In the morning...the late morning...when Roland awakens, he finishes the job he fell asleep during the night before, then changes into a fresher set of clothes. After this, he settles into a sitting position on his bed, holding his holy symbol, his silver coin, and softly murmurs his daily prayers, honoring his goddess and praying for her guidance and her blessing for the night's adventure. Following this, and a quick breakfast, he begins preparing himself for a jaunt into the city before the night's excursion. As he does so, he hears the sound of bolts thudding into wood outside, and curious, heads out of his room.

Shouldering his pack, he steps outside and sees Vyleya practicing with her crossbow, with a skill he could not hope to match. He observes her for a while, silently and enviously, before pulling his hat down low and heading off into the city.

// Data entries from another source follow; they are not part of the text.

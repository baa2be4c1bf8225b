-- ===== src/Reactor/Delivery/Due.antt =====
-- Which connections a pass of `HandleReadyData` serves.
use server_dev_lib.Base.{
  ◌≡◌, refl, Bool, true, false, ◌||◌, some, [], ◌∷◌, Bool-cases, Option-cases, inl, inr,
}
use server_dev_lib.Base.Map.{lookup, update, emplace}
use server_dev_lib.Base.Int.{ℤ, int_eq, eqb, eqb_iff}
use server_dev_lib.Reactor.Notification.{ReadyState, Waiting, raise, notify_data_ready}

-- An entry for `k` that is not ONE.
abbrev pub is_due_at : ℤ → ℤ × ReadyState → Bool
is_due_at k (j, ReadyState.one) = false
is_due_at k (j, s) = eqb j k

unfoldable pub has_due : ℤ → Waiting → Bool
has_due k [] = false
has_due k (e ∷ copy) = is_due_at k e || has_due k copy

raise-due : (k j : ℤ) (s : ReadyState) → eqb j k ≡ true → is_due_at k (j, raise s) ≡ true
unfolding raise
raise-due k j ReadyState.one same = same
raise-due k j ReadyState.more same = same
raise-due k j ReadyState.more_plus same = same

pub or_true : (b : Bool) → (b || true) ≡ true
or_true true = refl
or_true false = refl

has_due-raise :
    (k : ℤ) (state : ReadyState) (m : Waiting)
    → lookup k m ≡ some state
    → has_due k (update k raise m) ≡ true
unfolding has_due lookup update
has_due-raise k state [] there = absurd cc
has_due-raise k state ((j, s) ∷ m) there = elim (Bool-cases (eqb j k)) [
  | inl same ↦ rw same (rw (raise-due k j s same) refl)
  | inr other ↦
      rw other (rw (has_due-raise k state m (rw other at there)) (or_true (is_due_at k (j, s))))
]

-- A descriptor that was notified is served.
pub has_due-notify : (k : ℤ) (m : Waiting) → has_due k (notify_data_ready k m) ≡ true
unfolding notify_data_ready emplace has_due
has_due-notify k m = elim (Option-cases (lookup k m)) [
  | inl absent ↦
      let own : eqb k k ≡ true = (eqb_iff k k).1 refl in
      rw (absent, notify_data_ready) (rw (absent, emplace) (rw own refl))
  | inr (state, there) ↦ rw (there, notify_data_ready) (has_due-raise k state m there)
]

Roland spends quite some time simply wandering the streets, taking in the sights, people-watching. He slowly makes his way through town to the Lady's House, where he spends much of the afternoon reacquainting himself with priests he knows, meeting the new acolytes there, and simply performing minor clerical duties for his brothers and sisters there. When the afternoon begins to fade into night, however, he returns to his new home to dine with whichever other members of the group will be present.


----------



## Lot (Feb 27, 2007)

Gurv goes to sleep, enjoying the fine bed and pillows.  The next day, he wakes up in the very late morning.  Rubbing his eyes, he dresses in his simple clothes, neglecting to shave yet another day.  Strapping his swords on his belt, he heads for the door.  On his way out, he grabs a loaf of bread from the kitchen and fills his waterskin from the fountain.  Then he walks towards the docks, looking to find a similar warehouse to the one they cased last night.  If he can find a warehouse similar in size and construction, he will pose as a servant trying to compare rates for storage for his master.  Doing this, Gurv hopes to be allowed into the warehouse to negotiate with a foreman.  Then he can see how this type of warehouse is typically layed out.  The hope is to have some idea of what to expect with tonight's break-in.  After this excursion, whether successful or not, Gurv will head down to the local kennel and check on the quality of the dogs available.  By late afternoon, Gurv hopes to head back to the house and get some sword practice in before dinner.


----------



## scranford (Feb 27, 2007)

*Icklebad Moffet - Gnome Rogue*

Ickle, as usual before a job. Spends the day laying in bed, only getting up to eat, drink and releive himself. When he is restless he practices on some small puzzles he uses to keep his wits and fingers nimble, and relaxes for the big night.


----------



## s@squ@tch (Feb 27, 2007)

Deric lulls himself to sleep, dreaming of swirling planes of alternating fire and ice, then air and earth.  One day, he has always told himself, he will travel to the elemental planes of the four elements and truly experience it is to be one with pure energies.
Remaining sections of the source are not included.